This repository contains the code of the AIRRTM model from the article Weakly supervised identification and generation of adaptive immune receptor sequences associated with immune disease status.
A locked Pipenv environment is provided with the repository. To install the package, you need to run
pipenv shell
pipenv install
The only prerequisites are havinng Pipenv and python3.9 installed on your machine.
Alternatively, you can use the requirements.txt
file to install the dependencies in a clean python3.9 environemnt:
python -m pip install -r requirements.txt
Two synthetic datasets used in the article can be found in the corresponding repository.

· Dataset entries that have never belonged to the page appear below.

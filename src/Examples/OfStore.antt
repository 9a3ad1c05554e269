-- ===== src/Examples/OfStore.antt =====
-- The store on a small disk: a `put` on a disk without folders, and what follows it.
use passalong.Prelude.{
  ℕ, ◌≡◌, ◌↔◌, refl, Bool, true, false, Option, none, some, List, [], ◌∷◌, All, keep, Text, codes,
  Result, ok, err, ℤ, pos, arith, length, ◌≤◌,
}
use passalong.Model.Hex.{hex_fixed, hex_digit}
use passalong.Model.FileName.{trim}
use passalong.Model.Id.{ItemId, id_of}
use passalong.Model.Id.RoundTrip.{IsValidId}
use passalong.Model.Meta.{ItemMeta, NewItem, new_text, file, clipboard}
use passalong.Retention.Selection.{NewestFirst}
use passalong.Store.Errors.{other}
use passalong.Store.Format.{Content}
use passalong.Fs.Disk.{Disk, Node, dir, lookup, is_none}
use passalong.Fs.Io.{World, Fault}
use passalong.Store.FsStore.{item_ids, resolve, matches, lowercase}
use passalong.Store.FsStore.Writes.{put}
use passalong.Store.FsStore.Changes.{delete, import_item}
use passalong.Store.FsStore.Items.{Complete}
use passalong.Store.FsStore.Complete.{put-Complete}
use passalong.Store.FsStore.Others.{delete-Complete, import-Complete}
use passalong.Store.FsStore.Listing.{item_ids-valid}
use passalong.Store.FsStore.Meaning.{Means}
use passalong.Store.FsStore.Resolving.{OnlyOne, resolve_iff}
use passalong.Examples.Parameters.{whole_secs, by_length, plain_store, zeros}

abbrev hello : Content
hello = record { bytes = codes "hello"; failure = none }

abbrev broken : Content
broken = record { bytes = codes "hel"; failure = some (codes "connection reset") }

abbrev laptop : NewItem
laptop = new_text (codes "laptop")

-- The ninth operation from here fails.
abbrev before_put : World
before_put = record {
  disk = [];
  faults =
      none
      ∷ none
      ∷ none
      ∷ none
      ∷ none
      ∷ none
      ∷ none
      ∷ none
      ∷ some (record { error = other [] (codes "no space"); done = 2 })
      ∷ [];
  random = λ n. n;
  draws = 0;
}

abbrev after_put : World
after_put = (put whole_secs by_length plain_store laptop hello before_put).1

empty-Complete : Complete whole_secs by_length plain_store before_put.disk
unfolding Complete is_none lookup
empty-Complete name h = cc

abbrev hello_id : ItemId
hello_id = id_of (codes "050000000000") 1000

put-Complete_example : Complete whole_secs by_length plain_store after_put.disk
put-Complete_example =
    put-Complete whole_secs by_length plain_store laptop hello before_put empty-Complete

delete-Complete_example :
    Complete whole_secs by_length plain_store
      (delete whole_secs by_length plain_store hello_id after_put).1.disk
delete-Complete_example =
    delete-Complete whole_secs by_length plain_store hello_id after_put
      (put-Complete whole_secs by_length plain_store laptop hello before_put empty-Complete)

abbrev photo : ItemMeta ℤ
photo = record {
  schema = 1;
  id = hello_id;
  kind = file;
  name = some (codes "photo.png");
  mime = codes "image/png";
  size = 5;
  sha256 = codes "0500";
  created_at = pos 1000;
  device = codes "phone";
  preview = none;
  origin = some clipboard;
}

import-Complete_example :
    Complete whole_secs by_length plain_store
      (import_item whole_secs by_length
        (λ t. some (5 ∷ zeros 31))
        plain_store
        photo
        broken
        after_put).1.disk
import-Complete_example =
    import-Complete whole_secs by_length plain_store (λ t. some (5 ∷ zeros 31)) photo broken
      after_put
      (put-Complete whole_secs by_length plain_store laptop hello before_put empty-Complete)

-- A disk with two items and a file beside them
abbrev two_items : World
two_items = record {
  disk =
      (codes "items" ∷ [], dir)
      ∷ (codes "items" ∷ codes "000003e8-0500a0000000" ∷ [], dir)
      ∷ (codes "items" ∷ codes "000003e9-0700b0000000" ∷ [], dir)
      ∷ (codes "items" ∷ codes "notes" ∷ [], dir)
      ∷ [];
  faults = [];
  random = λ n. n;
  draws = 0;
}

abbrev older : ItemId
older = id_of (codes "0500a0000000") 1000

abbrev newer : ItemId
newer = id_of (codes "0700b0000000") 1001

listed : item_ids whole_secs plain_store two_items ≡ (ok (newer ∷ older ∷ []), two_items)
unfolding item_ids passalong.Fs.Io.◌>>=◌ passalong.Fs.Io.attempt passalong.Fs.Io.read_dir
    passalong.Fs.Disk.is_dir_at passalong.Store.FsStore.items_dir passalong.Prelude.text_eq
    passalong.Retention.sort_newest_first passalong.Fs.Disk.entries_of passalong.Prelude.text_ltb
    passalong.Model.Id.parse passalong.Model.Hex.is_lower_hex passalong.Model.Hex.from_hex
    passalong.Model.Id.id_ltb hex_fixed
listed = refl

item_ids-valid_example :
    All IsValidId (newer ∷ older ∷ []) × NewestFirst (λ id. id) (newer ∷ older ∷ [])
item_ids-valid_example =
    item_ids-valid whole_secs plain_store (newer ∷ older ∷ []) two_items two_items listed

resolve_iff_example :
    (resolve whole_secs plain_store (codes " 0700B ") two_items ≡ (ok newer, two_items)) ↔ (
      (4 ≤ length (trim (codes " 0700B ")))
      × ((ids : List ItemId) × (item_ids whole_secs plain_store two_items ≡ (ok ids, two_items))
          × OnlyOne (Means (trim (codes " 0700B "))) ids newer))
resolve_iff_example = resolve_iff whole_secs plain_store (codes " 0700B ") newer two_items two_items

Note that you would need to unzip the data file for given dataset and witness rate (for example, dataset S1, wr=0.0001) before running training/prediction on them.
The model can be trained on a dataset with the following structure:
INPUT_DATA_DIR
│
└───samples
│
└───WITNESS_RATE
│ │ 1.csv
│ │ 2.csv
│ │ ...
│ │ 99.csv
│ │ 99.csv
│ │ metadata.csv
Each of the data csv files must contain a column cdr3_aa
with amino acid sequences.
$ head S1/samples/0.005/1.csv
cdr3_aa
CARDGRNTGIVGALTDPGMLLIS
CARGFGQPSSSW*SGWFDPW
CARDSSSWTT
CARDLRKGDYYDSSGYYYAFMMLLIS
CARERGRTVTVDYW
CARGCFFSMVRGVIITFRMLLIS
CARKFRWGRTGSAT
CARVVLLWFGELFDYGMDVW
CARDLIRGTLL*LL
Additionally, optional columns v_gene
, j_gene
(to use with the --use_vj
option), and weight
(is used automatically when present) may be provided.
cdr3_aa,v_gene,j_gene,weight
CATSRDVNTGELFF,TCRBV15-01,TCRBJ02-02,1
CASSPPGANVLTF,TCRBV11-02,TCRBJ02-06,1
CASSEYEQYF,TCRBV06-01,TCRBJ02-07,1
CASSLHEQYF,TCRBV11-02,TCRBJ02-07,9
CASSAATGATEAFF,TCRBV05-04,TCRBJ01-01,2
CASSPTGGHTEAFF,TCRBV05-04,TCRBJ01-01,2
CASSPQGAYNEQFF,TCRBV05-04,TCRBJ02-01,2
CASWGVNRGDAGYTF,TCRBV25-01,TCRBJ01-02,5042
CASSAQQGYSGNTIYF,TCRBV28-01,TCRBJ01-03,2247
The metadata file must contain columns label
(i.e., repertoire label), filename
and split
(train/test).
$ head S1/samples/0.005/metadata.csv
label,filename,split
1,0.csv,train
0,1.csv,train
1,2.csv,train
1,3.csv,train
To train the model, one must first run preprocess_data.py
on your dataset folder (structured as described above)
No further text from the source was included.